DATA RECORDS:
-*-*-

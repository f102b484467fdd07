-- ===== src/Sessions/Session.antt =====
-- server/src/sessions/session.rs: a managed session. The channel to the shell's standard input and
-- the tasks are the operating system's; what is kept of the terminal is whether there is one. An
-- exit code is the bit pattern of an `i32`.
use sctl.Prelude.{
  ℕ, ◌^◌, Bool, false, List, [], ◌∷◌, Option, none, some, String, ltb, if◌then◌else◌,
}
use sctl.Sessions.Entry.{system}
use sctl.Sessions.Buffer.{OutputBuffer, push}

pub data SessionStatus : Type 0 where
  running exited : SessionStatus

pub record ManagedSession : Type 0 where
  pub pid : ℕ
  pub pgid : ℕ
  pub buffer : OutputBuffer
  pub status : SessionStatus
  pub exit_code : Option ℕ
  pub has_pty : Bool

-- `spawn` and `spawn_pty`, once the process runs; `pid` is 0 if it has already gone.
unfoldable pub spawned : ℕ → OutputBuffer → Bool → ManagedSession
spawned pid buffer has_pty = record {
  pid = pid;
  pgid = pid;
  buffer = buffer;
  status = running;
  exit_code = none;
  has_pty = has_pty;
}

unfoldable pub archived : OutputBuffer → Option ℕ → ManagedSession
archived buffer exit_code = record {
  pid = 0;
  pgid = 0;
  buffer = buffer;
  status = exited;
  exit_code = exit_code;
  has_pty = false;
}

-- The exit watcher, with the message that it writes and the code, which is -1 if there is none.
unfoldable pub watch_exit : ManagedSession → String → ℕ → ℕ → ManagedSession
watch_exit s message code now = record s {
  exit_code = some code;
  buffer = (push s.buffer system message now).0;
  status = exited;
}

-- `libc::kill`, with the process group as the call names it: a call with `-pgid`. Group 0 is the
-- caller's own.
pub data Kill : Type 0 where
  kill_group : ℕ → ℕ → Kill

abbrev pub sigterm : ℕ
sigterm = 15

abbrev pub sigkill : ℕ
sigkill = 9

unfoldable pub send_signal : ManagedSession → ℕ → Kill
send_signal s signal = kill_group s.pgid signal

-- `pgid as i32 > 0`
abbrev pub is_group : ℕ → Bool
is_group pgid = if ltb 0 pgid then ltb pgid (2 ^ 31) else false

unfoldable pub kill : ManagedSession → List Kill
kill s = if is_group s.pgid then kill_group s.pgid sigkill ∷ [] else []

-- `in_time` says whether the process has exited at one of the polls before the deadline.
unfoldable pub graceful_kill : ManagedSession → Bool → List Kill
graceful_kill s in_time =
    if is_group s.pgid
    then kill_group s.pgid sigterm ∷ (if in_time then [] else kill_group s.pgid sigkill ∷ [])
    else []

-*-*-

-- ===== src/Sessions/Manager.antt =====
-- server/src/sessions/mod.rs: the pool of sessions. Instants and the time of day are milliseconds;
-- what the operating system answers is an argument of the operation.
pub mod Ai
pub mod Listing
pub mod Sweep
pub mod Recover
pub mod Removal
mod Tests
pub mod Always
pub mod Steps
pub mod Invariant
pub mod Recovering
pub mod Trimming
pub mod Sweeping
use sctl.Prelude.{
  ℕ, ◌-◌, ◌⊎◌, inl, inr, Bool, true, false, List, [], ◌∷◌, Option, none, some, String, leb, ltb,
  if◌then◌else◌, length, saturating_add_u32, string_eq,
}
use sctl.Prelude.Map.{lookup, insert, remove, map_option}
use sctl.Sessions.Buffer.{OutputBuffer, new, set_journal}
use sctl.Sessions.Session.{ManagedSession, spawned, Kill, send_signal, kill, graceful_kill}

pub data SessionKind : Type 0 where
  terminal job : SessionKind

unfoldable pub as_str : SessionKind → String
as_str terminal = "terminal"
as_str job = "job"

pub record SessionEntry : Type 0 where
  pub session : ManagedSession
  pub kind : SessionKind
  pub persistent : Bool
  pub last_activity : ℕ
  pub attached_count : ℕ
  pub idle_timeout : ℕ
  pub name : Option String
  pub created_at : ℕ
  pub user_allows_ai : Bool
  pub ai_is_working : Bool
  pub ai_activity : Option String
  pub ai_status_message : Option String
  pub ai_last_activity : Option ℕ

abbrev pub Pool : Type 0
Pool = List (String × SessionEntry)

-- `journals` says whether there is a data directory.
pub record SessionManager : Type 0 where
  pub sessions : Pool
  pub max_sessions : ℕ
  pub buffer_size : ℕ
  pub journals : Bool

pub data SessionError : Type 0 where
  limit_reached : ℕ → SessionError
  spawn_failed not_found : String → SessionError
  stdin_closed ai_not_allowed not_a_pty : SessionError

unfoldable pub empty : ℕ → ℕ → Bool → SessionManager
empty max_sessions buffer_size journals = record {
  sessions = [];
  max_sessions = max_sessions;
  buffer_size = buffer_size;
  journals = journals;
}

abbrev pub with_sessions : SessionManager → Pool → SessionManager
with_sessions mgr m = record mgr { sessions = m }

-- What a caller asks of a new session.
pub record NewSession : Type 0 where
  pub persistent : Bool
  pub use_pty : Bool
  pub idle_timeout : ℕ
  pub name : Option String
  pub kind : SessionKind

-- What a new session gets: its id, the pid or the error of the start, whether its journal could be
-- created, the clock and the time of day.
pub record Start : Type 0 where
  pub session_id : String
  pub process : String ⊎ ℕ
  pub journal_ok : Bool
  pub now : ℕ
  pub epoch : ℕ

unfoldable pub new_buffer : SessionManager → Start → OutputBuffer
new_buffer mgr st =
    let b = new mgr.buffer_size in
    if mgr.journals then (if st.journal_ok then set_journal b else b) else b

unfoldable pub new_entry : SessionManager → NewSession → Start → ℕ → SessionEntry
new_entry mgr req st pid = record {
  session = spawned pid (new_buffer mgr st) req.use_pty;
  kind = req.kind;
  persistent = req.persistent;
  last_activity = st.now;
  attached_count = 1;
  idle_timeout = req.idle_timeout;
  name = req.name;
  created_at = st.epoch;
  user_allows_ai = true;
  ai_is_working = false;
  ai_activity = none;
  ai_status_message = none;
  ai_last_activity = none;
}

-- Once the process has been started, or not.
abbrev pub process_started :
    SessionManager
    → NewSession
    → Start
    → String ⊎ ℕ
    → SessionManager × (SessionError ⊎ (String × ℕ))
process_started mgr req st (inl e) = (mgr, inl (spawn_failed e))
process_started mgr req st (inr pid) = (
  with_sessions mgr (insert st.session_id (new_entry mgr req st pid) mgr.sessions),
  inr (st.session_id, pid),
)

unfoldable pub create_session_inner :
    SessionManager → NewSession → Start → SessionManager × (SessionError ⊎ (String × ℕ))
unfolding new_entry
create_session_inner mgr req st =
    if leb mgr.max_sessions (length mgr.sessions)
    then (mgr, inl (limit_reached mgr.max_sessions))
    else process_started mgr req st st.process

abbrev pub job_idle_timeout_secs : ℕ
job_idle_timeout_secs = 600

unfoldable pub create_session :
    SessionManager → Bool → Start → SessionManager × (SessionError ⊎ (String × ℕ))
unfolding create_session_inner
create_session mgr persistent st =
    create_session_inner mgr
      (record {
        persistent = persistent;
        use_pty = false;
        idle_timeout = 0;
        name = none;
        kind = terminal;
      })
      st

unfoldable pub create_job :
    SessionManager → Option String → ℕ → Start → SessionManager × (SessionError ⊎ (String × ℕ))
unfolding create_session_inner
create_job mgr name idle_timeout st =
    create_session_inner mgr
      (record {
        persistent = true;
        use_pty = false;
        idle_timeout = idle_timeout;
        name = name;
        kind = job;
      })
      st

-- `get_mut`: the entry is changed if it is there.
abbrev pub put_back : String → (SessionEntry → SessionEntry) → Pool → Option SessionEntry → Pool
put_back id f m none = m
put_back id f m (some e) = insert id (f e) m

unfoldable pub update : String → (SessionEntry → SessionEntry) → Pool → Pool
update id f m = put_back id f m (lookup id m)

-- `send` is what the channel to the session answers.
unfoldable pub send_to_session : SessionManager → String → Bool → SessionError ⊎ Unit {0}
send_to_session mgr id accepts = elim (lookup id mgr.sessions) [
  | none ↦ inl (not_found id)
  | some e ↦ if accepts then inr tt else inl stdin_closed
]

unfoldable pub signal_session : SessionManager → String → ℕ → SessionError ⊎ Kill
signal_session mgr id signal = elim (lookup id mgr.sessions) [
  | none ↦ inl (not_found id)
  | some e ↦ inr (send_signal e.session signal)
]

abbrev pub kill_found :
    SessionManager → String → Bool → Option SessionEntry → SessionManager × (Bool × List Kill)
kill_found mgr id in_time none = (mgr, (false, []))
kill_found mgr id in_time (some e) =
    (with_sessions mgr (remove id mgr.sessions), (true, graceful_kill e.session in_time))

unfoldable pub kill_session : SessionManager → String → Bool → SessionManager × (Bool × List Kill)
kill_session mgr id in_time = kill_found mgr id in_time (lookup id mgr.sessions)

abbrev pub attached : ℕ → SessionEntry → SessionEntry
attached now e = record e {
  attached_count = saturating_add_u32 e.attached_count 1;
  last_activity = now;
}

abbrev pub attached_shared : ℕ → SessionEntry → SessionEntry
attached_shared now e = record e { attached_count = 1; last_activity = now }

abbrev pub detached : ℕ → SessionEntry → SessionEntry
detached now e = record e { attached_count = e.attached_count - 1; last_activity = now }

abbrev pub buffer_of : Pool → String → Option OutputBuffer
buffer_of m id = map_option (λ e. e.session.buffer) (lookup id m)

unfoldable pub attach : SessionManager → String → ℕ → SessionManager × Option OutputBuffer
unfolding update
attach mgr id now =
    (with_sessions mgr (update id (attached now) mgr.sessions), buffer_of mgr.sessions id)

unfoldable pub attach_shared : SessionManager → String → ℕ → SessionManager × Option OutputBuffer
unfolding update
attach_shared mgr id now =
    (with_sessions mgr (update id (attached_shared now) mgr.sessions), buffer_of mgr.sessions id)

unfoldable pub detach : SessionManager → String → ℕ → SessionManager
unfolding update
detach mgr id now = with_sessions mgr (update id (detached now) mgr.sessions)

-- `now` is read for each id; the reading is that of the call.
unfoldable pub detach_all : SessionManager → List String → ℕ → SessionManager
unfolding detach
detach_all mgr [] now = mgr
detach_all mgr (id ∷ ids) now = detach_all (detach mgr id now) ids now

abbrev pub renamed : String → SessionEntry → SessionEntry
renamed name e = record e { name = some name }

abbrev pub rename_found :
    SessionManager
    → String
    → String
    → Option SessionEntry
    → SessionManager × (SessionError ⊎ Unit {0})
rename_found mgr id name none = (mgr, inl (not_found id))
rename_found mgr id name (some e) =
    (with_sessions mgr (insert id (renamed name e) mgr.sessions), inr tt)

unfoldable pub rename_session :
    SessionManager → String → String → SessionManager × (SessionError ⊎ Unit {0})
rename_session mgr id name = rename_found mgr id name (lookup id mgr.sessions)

-*-*-

PROBLEM DESCRIPTION: Report only how many lines in the listing contain the string "running".

RESULT FOR THIS EXERCISE: 2